Limites des milieux de culture pour la dénombrement des flores bactériennes viables dans les échantillons environnementaux

  1. Selectivité du milieu de culture et temps d'incubation: en fonction du milieu de culture les bactéries vont ou pas se développer pour former des colonies, l'état physiologique de certaines bactéries nécessitent des temps d'incubation particulièrement longs pour leur permettre de se réparer et de se répliquer pour former des colonies sur les géloses. Si les nutriments du milieu de culture sont trop riches ou ne font pas partie des substrats nécessaires à la croissance de ces bactéries, elles ne se développeront pas sur le milieu de culture. On estime par exemple à moins de 1% du nombre réel de bactéries viables présentes dans l'eau potable, capables de pousser sur milieu PCA. Depuis que l'eau potable est chlorée le nombre d'unités formant colonies à diminuer, ce qui peut arranger les compagnies des eaux, mais ne signifie aucunement que le nombre de cellules bactériennes viables est en nette diminution. Bien au contraire en augmentant les doses de chlore, ont a effectué une sélection parmi les souches résistantes et l'on a augmenté le nombre de bactéries viables non cultivables.
  2. Le nombre de cellules bactériennes à l'origine des unités formant colonies sur milieu de culture: pour les néophytes, le nombre de colonies formées sur les géloses équivaut au nombre de cellules bactériennes dans l'échantillon, mais en réalité les bactéries présentes dans l'environnement se retrouvent sous forme de flocs. Une colonie sur une gélose peut dont être formée à l'origine par 50 voir 100 microorganismes voir plus. Un échantillon environnemental peut avoir le même nombre de colonies sur boite de Pétri qu'un autre échantillon mais avoir été formées à l'origine par cent fois plus de bactéries.
  3. Les bactéries viables non cultivables (VBNC): On a constaté que même lorsqu'on met sur gélose une dilution d'une culture pure, un certain nombre de bactéries ne formeront pas de colonies, suite au stress de la mise sur gélose. Un certain nombre seront donc viables mais non cultivables. Lorsqu'on utilise d'autres techniques de comptage des bactéries viables avec par exemple la cytomérie couplée à des marqueurs de l'activité estérasique (tel le ChemChrome) ou par la méthode DVC (Direct Viable Count), ont peu avoir 3 logs 10, voir 5 logs 10 de différences entr ces méthodes et le milieu de culture R2A incubé de 10 à 15 jours. Les milieux de cultures utilisés pour l'analyse des échantillons environnementaux ne sont vraiment que la partie visible de l'iceberg que représente le nombre réel de cellules bactériennes dans l'échantillon.

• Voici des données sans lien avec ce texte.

-- ===== src/Convert/Mixed.antt =====
-- 64-bit integers of src/common/convert.c between hosts of different byte orders.
use nemo_core.Prelude.{ℕ, ◌+◌, ◌*◌, ◌/◌, ◌%◌, ◌^◌, ◌<◌, ◌≡◌, ◌↔◌, sym, ap, ap₂, ◌∙◌, ◌++◌, arith}
use mathlib.Core.List.{reverse, reverse-reverse}
use nemo_core.Convert.{ByteOrder, IsByteOrder, htonll, ntohll}
use nemo_core.Convert.Bytes.{le_bytes, le_value, le_value-le_bytes}
use nemo_core.Convert.Integers.{be_bytes, htonll-wire, htonll-lt, ntohll-htonll}

-- The two 32-bit halves change places.
abbrev pub swap_words : ℕ → ℕ
swap_words x = x / 2 ^ 32 + x % 2 ^ 32 * 2 ^ 32

le_bytes_injective : (x y : ℕ) → x < 2 ^ 64 → y < 2 ^ 64 → le_bytes 8 x ≡ le_bytes 8 y → x ≡ y
le_bytes_injective x y hx hy e =
    sym (le_value-le_bytes 8 x (omega arith)) ∙ ap le_value e ∙ le_value-le_bytes 8 y (omega arith)

be_bytes_injective : (x y : ℕ) → x < 2 ^ 64 → y < 2 ^ 64 → be_bytes 8 x ≡ be_bytes 8 y → x ≡ y
be_bytes_injective x y hx hy e =
    le_bytes_injective x y hx hy
      (sym (reverse-reverse (le_bytes 8 x)) ∙ ap reverse e ∙ reverse-reverse (le_bytes 8 y))

-- What a receiver of the other byte order reads.
abbrev pub IsMixed : ℕ → ℕ → Type 0
IsMixed x y = (y ≡ swap_words x) × ((y ≡ x) ↔ (x / 2 ^ 32 ≡ x % 2 ^ 32))

swapped-IsMixed : (x y : ℕ) → y ≡ swap_words x → IsMixed x y
swapped-IsMixed x y e = (e, (λ h. omega arith, λ h. omega arith))

module _ (le be : ByteOrder) (le_law : IsByteOrder le) (be_law : IsByteOrder be)
    (net : (y : ℕ) → y < 2 ^ 32 → le_bytes 4 (le.htonl y) ≡ be_bytes 4 y)
    (same : (y : ℕ) → y < 2 ^ 32 → be.htonl y ≡ y) where
  -- A 64-bit integer below 2^64 that a little-endian host writes to the wire with `htonll` is read by
  -- a big-endian host with `ntohll` as the integer with its 32-bit halves exchanged, and the same the
  -- other way round; so it arrives as it was sent exactly when its halves are equal. `y` and `z`,
  -- below 2^64, are what the bytes from the wire are as integers of the two receivers, and the byte
  -- order functions are as POSIX says: `htonl` writes the highest byte first on the little-endian
  -- host and changes nothing on the other.
  pub ntohll-htonll-IsMixed :
      (x y z : ℕ)
      → x < 2 ^ 64
      → y < 2 ^ 64
      → z < 2 ^ 64
      → be_bytes 8 y ≡ le_bytes 8 (htonll le x)
      → le_bytes 8 z ≡ be_bytes 8 (htonll be x)
      → IsMixed x (ntohll be y) × IsMixed x (ntohll le z)
  ntohll-htonll-IsMixed x y z hx hy hz e e' =
      let w : ℕ = swap_words x in
      let hw : w < 2 ^ 64 = omega arith in
      let lo : w % 2 ^ 32 ≡ x / 2 ^ 32 = omega arith in
      let hi : w / 2 ^ 32 ≡ x % 2 ^ 32 = omega arith in
      let halves = λ (a b : ℕ). be_bytes 4 a ++ be_bytes 4 b in
      let (from_le, from_be) = htonll-wire le be le_law be_law net same x hx in
      let (by_le, by_be) = htonll-wire le be le_law be_law net same w hw in
      let wire = e ∙ from_le ∙ ap₂ halves (sym hi) (sym lo) ∙ sym by_be in
      let wire' = e' ∙ from_be ∙ ap₂ halves (sym lo) (sym hi) ∙ sym by_le in
      let read = be_bytes_injective y (htonll be w) hy (htonll-lt be be_law w hw) wire in
      let read' = le_bytes_injective z (htonll le w) hz (htonll-lt le le_law w hw) wire' in
      (
        swapped-IsMixed x _ (ap (ntohll be) read ∙ ntohll-htonll be be_law w hw),
        swapped-IsMixed x _ (ap (ntohll le) read' ∙ ntohll-htonll le le_law w hw),
      )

Les méthodes rapides quantitative et semi-quantitative des bactéries viables

L'atpmétrie bactérienne différente de la mesure de l'ATP total ou de l'extraction d'Atp par filtration:

L'atp total est une méthode de mesure de l'ATP total présent dans toutes les cellules d'un échantillon déclenchant inutilement des faux positifs (une seule cellule de micro-algue, pollen, somatique contient plus d'ATP que mille bactéries).  Certaines méthodes d'ATP total ont des techniques de filtration permettant d'évacuer l'Atp exo-cellulaire et à l'état libre de la solution à analyser, mais ne font aucune discrimination entre les cellules végétales, somatiques et les bactéries ( voir Atpmétrie). Seule une méthode permettant de lyser les cellules non bactériennes et libérer l'Atp de ces cellules avant d'extraire l'ATP des bactéries viables permet de discriminer l'Atp bactérien, ce est l'objet du brevet détenu pour la technologie du PROFILE-1.

La cytométrie en flux couplée aux marqueurs de viabilité-mortalité:

La cytométrie en phase solide couplée au ChemChrom:

La microscopie en épifluorescence couplée aux marqueurs de viabilité

Pourquoi la PCR (Polymerase Chain Reaction) ne quantifie pas les bactéries viables dans les échantillons? Bon nombre de bactéries gardent leurs membranes intactes même lorsqu'elles sont mortes. Leur ADN est répliqué en même temps que l'ADN des bactéries viables. En cytométrie en phase solide on a par exemple pu constaté dix fois plus de légionella pneumophila mortes que viables présents dans certains échantillons d'eau chaude sanitaire. La PCR quantitative n'est donc pas un moyen fiable d'alerte, car les unités génomes/litres ne peuvent garantir qu'il s'agit d'unité génomes de bactéries vivantes. Les biofilms peuvent contenir bon nombre de bactéries mortes emprisonnées dans les exopolymères du biofilm pour être libérées plus tard par les forces de cisaillement qui arrachent régulièrement des pans de biofilm.